- Wrote some scripts which scraped the GRO website for all births and deaths for a paricular surname (by default you can only search for either male or female and only for a particular birth year +/- 2 years)
- Started looking at the list of births and trying to group the sets of brothers and sisters born with the same mother’s maiden name, in the same place, into families.
- The list of deaths has age at death. Next steps was to try to match these to the births, which I didn’t start on.
- For the males, it would then be possible to match these up with the birth lists.
- For the females, it would be necessary to search again on maiden name around birth year for possible matches. Depending on how common the surname was, this is likely to be impossible to do in an automated way. It would be necessary to manually follow up each line via census returns.
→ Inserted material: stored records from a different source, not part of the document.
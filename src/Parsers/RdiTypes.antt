-- ===== src/Parsers/RdiTypes.antt =====
-- The structures of include/afi920_driver/interface/AFI920/bts_iso23150_rdi.h, and `RdiFrame` of
-- include/afi920_driver/radar_types.hpp. A `float` is its bit pattern, so `0.0f` is 0. The pointer
-- `message.detections` always points at `detections_storage`, and is left out.
use afi920_ros2_driver.Base.{replicate, ℕ, List, []}
use afi920_ros2_driver.Parsers.Iso.{InterfaceHeader, zero_interface_header}

abbrev pub rdi_header_size : ℕ
rdi_header_size = 36

abbrev pub rdi_detection_size : ℕ
rdi_detection_size = 51

abbrev pub rdi_max_detections : ℕ
rdi_max_detections = 4096

abbrev pub rdi_max_classifications : ℕ
rdi_max_classifications = 8

pub record RdiDetection : Type 0 where
  pub existence_probability : ℕ
  pub detection_id : ℕ
  pub object_id_reference : ℕ
  pub timestamp_difference : ℕ
  pub radar_cross_section : ℕ
  pub radar_cross_section_error : ℕ
  pub signal_to_noise_ratio : ℕ
  pub signal_to_noise_ratio_error : ℕ
  pub multi_target_probability : ℕ
  pub ambiguity_grouping_id : ℕ
  pub detection_ambiguity_probability : ℕ
  pub free_space_probability : ℕ
  pub num_classifications : ℕ
  pub classification_type : List ℕ
  pub classification_confidence : List ℕ
  pub position_radial_distance : ℕ
  pub position_azimuth : ℕ
  pub position_elevation : ℕ
  pub position_radial_distance_error : ℕ
  pub position_azimuth_error : ℕ
  pub position_elevation_error : ℕ
  pub relative_velocity_radial : ℕ
  pub relative_velocity_radial_error : ℕ
  pub debug_power : ℕ
  pub debug_azimuth_method : ℕ
  pub debug_elevation_method : ℕ
  pub debug_quality_distance : ℕ
  pub debug_quality_azimuth : ℕ
  pub debug_quality_elevation : ℕ
  pub debug_ambiguity_azimuth : ℕ
  pub debug_ambiguity_elevation : ℕ
  pub debug_quality_velocity : ℕ
  pub debug_ambiguity_model_velocity : ℕ
  pub debug_ambiguity_index_velocity : ℕ

-- `memset(det, 0, sizeof(*det))`
abbrev pub rdi_detection_init : RdiDetection
rdi_detection_init = record {
  existence_probability = 0;
  detection_id = 0;
  object_id_reference = 0;
  timestamp_difference = 0;
  radar_cross_section = 0;
  radar_cross_section_error = 0;
  signal_to_noise_ratio = 0;
  signal_to_noise_ratio_error = 0;
  multi_target_probability = 0;
  ambiguity_grouping_id = 0;
  detection_ambiguity_probability = 0;
  free_space_probability = 0;
  num_classifications = 0;
  classification_type = replicate rdi_max_classifications 0;
  classification_confidence = replicate rdi_max_classifications 0;
  position_radial_distance = 0;
  position_azimuth = 0;
  position_elevation = 0;
  position_radial_distance_error = 0;
  position_azimuth_error = 0;
  position_elevation_error = 0;
  relative_velocity_radial = 0;
  relative_velocity_radial_error = 0;
  debug_power = 0;
  debug_azimuth_method = 0;
  debug_elevation_method = 0;
  debug_quality_distance = 0;
  debug_quality_azimuth = 0;
  debug_quality_elevation = 0;
  debug_ambiguity_azimuth = 0;
  debug_ambiguity_elevation = 0;
  debug_quality_velocity = 0;
  debug_ambiguity_model_velocity = 0;
  debug_ambiguity_index_velocity = 0;
}

pub record AmbiguityDomain : Type 0 where
  pub radial_velocity_begin : ℕ
  pub radial_velocity_end : ℕ
  pub range_begin : ℕ
  pub range_end : ℕ
  pub azimuth_begin : ℕ
  pub azimuth_end : ℕ
  pub elevation_begin : ℕ
  pub elevation_end : ℕ

pub record RdiMessage : Type 0 where
  pub header : InterfaceHeader
  pub ambiguity_domain : AmbiguityDomain
  pub recognised_detections_capability : ℕ
  pub recognised_detections_status : ℕ
  pub num_detections : ℕ

pub record RdiFrame : Type 0 where
  pub message : RdiMessage
  pub recv_timestamp_ns : ℕ
  pub frame_seq : ℕ
  pub detections_storage : List RdiDetection

-- `RdiFrame frame{}`
abbrev pub rdi_frame_init : RdiFrame
rdi_frame_init = record {
  message = record {
    header = zero_interface_header;
    ambiguity_domain = record {
      radial_velocity_begin = 0;
      radial_velocity_end = 0;
      range_begin = 0;
      range_end = 0;
      azimuth_begin = 0;
      azimuth_end = 0;
      elevation_begin = 0;
      elevation_end = 0;
    };
    recognised_detections_capability = 0;
    recognised_detections_status = 0;
    num_detections = 0;
  };
  recv_timestamp_ns = 0;
  frame_seq = 0;
  detections_storage = [];
}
- Downloaded all the births, deaths and marriages from FreeBMD (no restrictions on searching) and wrote a script to output them in the same format as the GRO data
- Started manually matching them up, there were quite a few inconsistencies, but in general the people were the same. This quickly got boring and I starting thinking more about an automated way to do this - presumably the transcription inconsistencies would also be corrected over time, so a scrape a year from now may yield slightly different results. Just like some MDM software, it would be good to know which source data the master data had been formed from and then revisit the formation of the master data if the source data had changed. In fact this was quickly boiling down into an MDM problem.
- Installed the Microsoft MDS SQL Server tooling and started setting this up. However, this also proved to be a largely manual approach. The tooling would merge an extra source and for any discrepancies you can choose which details to keep from each source. But following that - you have lost the link between the master data and the source records. To be any good, I would potentially need a more enterprise MDM solution.
- Concurrently I looked into possible schemas to hold the data and came across GEDCOM X. From the website, it looks like the project has stalled somewhat, but there is a wealth of good information there and as good a basis for starting as any.